**Dataset:**
[Start of Attachment]

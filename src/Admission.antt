-- ===== src/Admission.antt =====
-- src/node_state/mod.rs: the admission of a spawn. The node's memory is accounted for, the
-- profile's cap is checked, and idle instances are picked as victims, least recently used first.
pub mod Account
pub mod Sort
pub mod Accounting
pub mod Victims
pub mod Evicted
pub mod Plans
pub mod Tests
use Account.{Instance, ResourceAccounting, Samples, resource_accounting}
use Sort.{Candidate, sort_by_key}
use llamesh.Prelude.{
  ℕ, zero, suc, ◌+◌, ◌-◌, max, Bool, true, false, not, ◌&&◌, ◌||◌, Option, none, some, List, [],
  ◌∷◌, map, String, length, count_by, is_some, ltb, leb, eqb, if◌then◌else◌,
}
use Prim.Native.String.{◌++◌}
use llamesh.Prelude.Word.{saturating_add}
use llamesh.Prelude.Eq.{string_key, ◌==◌}
use llamesh.Prelude.Dict.{Dict, lookup, insert}
use llamesh.SpawnReservations.{MemoryCommitment, ReservationState, profile_count, node_total}

pub data NodeError : Type 0 where
  max_instances_profile max_instances_node insufficient_resources : NodeError

pub data Result {ℓ} (A : Type ℓ) : Type ℓ where
  ok : A → Result A
  err : NodeError → Result A

-- The limits of the node's configuration.
pub record Limits : Type 0 where
  pub max_vram_mb : ℕ
  pub max_sysmem_mb : ℕ
  pub max_instances_per_node : ℕ
  pub max_instances_per_model : ℕ

-- What is in use, or would be after some evictions: `curr_vram`, `curr_sysmem`, `curr_instances`.
pub record Load : Type 0 where
  pub vram : ℕ
  pub sysmem : ℕ
  pub instances : ℕ

abbrev pub memory_fits : Limits → ℕ × ℕ → Load → Bool
memory_fits limits required load =
    leb (saturating_add load.vram required.0) limits.max_vram_mb
    && leb (saturating_add load.sysmem required.1) limits.max_sysmem_mb

unfoldable pub fits : Limits → ℕ × ℕ → Load → Bool
fits limits required load =
    memory_fits limits required load && ltb load.instances limits.max_instances_per_node

-- A candidate's memory taken off, each count stopping at 0.
abbrev pub credit : Load → Candidate → Load
credit load c = record {
  vram = load.vram - c.vram;
  sysmem = load.sysmem - c.sysmem;
  instances = load.instances - 1;
}

abbrev pub memory_of : Option (ℕ × ℕ) → ℕ × ℕ
memory_of none = (0, 0)
memory_of (some m) = m

-- The idle instances, in the order in which the map gives them.
unfoldable pub idle_candidates : Dict String (ℕ × ℕ) → List Instance → List Candidate
idle_candidates memory [] = []
idle_candidates memory (inst ∷ instances) =
    let rest = idle_candidates memory instances in
    let (vram, sysmem) = memory_of (lookup inst.id memory) in
    if eqb inst.in_flight_requests 0
    then record { id = inst.id; last_activity = inst.last_activity; vram = vram; sysmem = sysmem }
      ∷ rest
    else rest

abbrev pub prepend : String → Option (List String) → Option (List String)
prepend id none = none
prepend id (some ids) = some (id ∷ ids)

-- The loop over the sorted candidates, with the load that it leaves: the victims once the rest
-- fits, and `none` when the candidates run out.
unfoldable pub evict_until : Limits → ℕ × ℕ → Load → List Candidate → Load × Option (List String)
evict_until limits required load [] = (load, none)
evict_until limits required load (c ∷ cs) =
    let freed = credit load c in
    let rest = evict_until limits required freed cs in
    if fits limits required freed then (freed, some (c.id ∷ [])) else (rest.0, prepend c.id rest.1)

abbrev shortfall : Limits → ℕ × ℕ → Load × Option (List String) → Result (List String)
shortfall limits required (load, some victims) = ok victims
shortfall limits required (load, none) =
    if memory_fits limits required load then err max_instances_node else err insufficient_resources

abbrev pub current_load : ResourceAccounting → List Instance → Load
current_load accounting instances = record {
  vram = accounting.resources.effective_vram_mb;
  sysmem = accounting.resources.effective_sysmem_mb;
  instances = length instances + node_total accounting.reservations;
}

abbrev pub candidates : ResourceAccounting → List Instance → List Candidate
candidates accounting instances = sort_by_key (idle_candidates accounting.instance_memory instances)

-- `pick_victims_from_accounting`
unfoldable pub pick_victims :
    Limits → ResourceAccounting → List Instance → ℕ × ℕ → Result (List String)
pick_victims limits accounting instances required =
    let load = current_load accounting instances in
    if fits limits required load
    then ok []
    else shortfall limits required
        (evict_until limits required load (candidates accounting instances))

unfoldable pub count_profile_instances : List Instance → String → String → ℕ
count_profile_instances instances model_name profile_id =
    count_by (λ inst. inst.model_name == model_name && inst.profile_id == profile_id) instances

-- src/config.rs, `Profile::effective_max_instances`
unfoldable pub effective_max_instances : Option ℕ → Limits → ℕ
effective_max_instances (some val) limits = val
effective_max_instances none limits = max limits.max_instances_per_model 1

pub record SpawnPlan : Type 0 where
  pub victims : List String
  pub revision : ℕ

abbrev planned : ℕ → Result (List String) → Result SpawnPlan
planned revision (ok victims) = ok (record { victims = victims; revision = revision })
planned revision (err e) = err e

-- `plan_spawn`; `max_instances` is the profile's own cap.
unfoldable pub plan_spawn :
    Limits
    → Samples
    → ReservationState
    → List Instance
    → String
    → String
    → Option ℕ
    → ℕ × ℕ
    → Result SpawnPlan
plan_spawn limits s reservations instances model profile_id max_instances required =
    let accounting = resource_accounting s reservations instances in
    let count = count_profile_instances instances model profile_id in
    let key = model ++ ":" ++ profile_id in
    if leb (effective_max_instances max_instances limits)
      (count + profile_count accounting.reservations key)
    then err max_instances_profile
    else planned accounting.reservations.revision
        (pick_victims limits accounting instances required)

[End of Attachment]

**Problem to solve:** Take the lines above from the one containing "abbrev pub prepend" down to the one containing "sysmem = accounting.resources.effective_sysmem_mb;", and transcribe them exactly, both ends included.

**Exercise answer:**
abbrev pub prepend : String → Option (List String) → Option (List String)
prepend id none = none
prepend id (some ids) = some (id ∷ ids)

-- The loop over the sorted candidates, with the load that it leaves: the victims once the rest
-- fits, and `none` when the candidates run out.
unfoldable pub evict_until : Limits → ℕ × ℕ → Load → List Candidate → Load × Option (List String)
evict_until limits required load [] = (load, none)
evict_until limits required load (c ∷ cs) =
    let freed = credit load c in
    let rest = evict_until limits required freed cs in
    if fits limits required freed then (freed, some (c.id ∷ [])) else (rest.0, prepend c.id rest.1)

abbrev shortfall : Limits → ℕ × ℕ → Load × Option (List String) → Result (List String)
shortfall limits required (load, some victims) = ok victims
shortfall limits required (load, none) =
    if memory_fits limits required load then err max_instances_node else err insufficient_resources

abbrev pub current_load : ResourceAccounting → List Instance → Load
current_load accounting instances = record {
  vram = accounting.resources.effective_vram_mb;
  sysmem = accounting.resources.effective_sysmem_mb;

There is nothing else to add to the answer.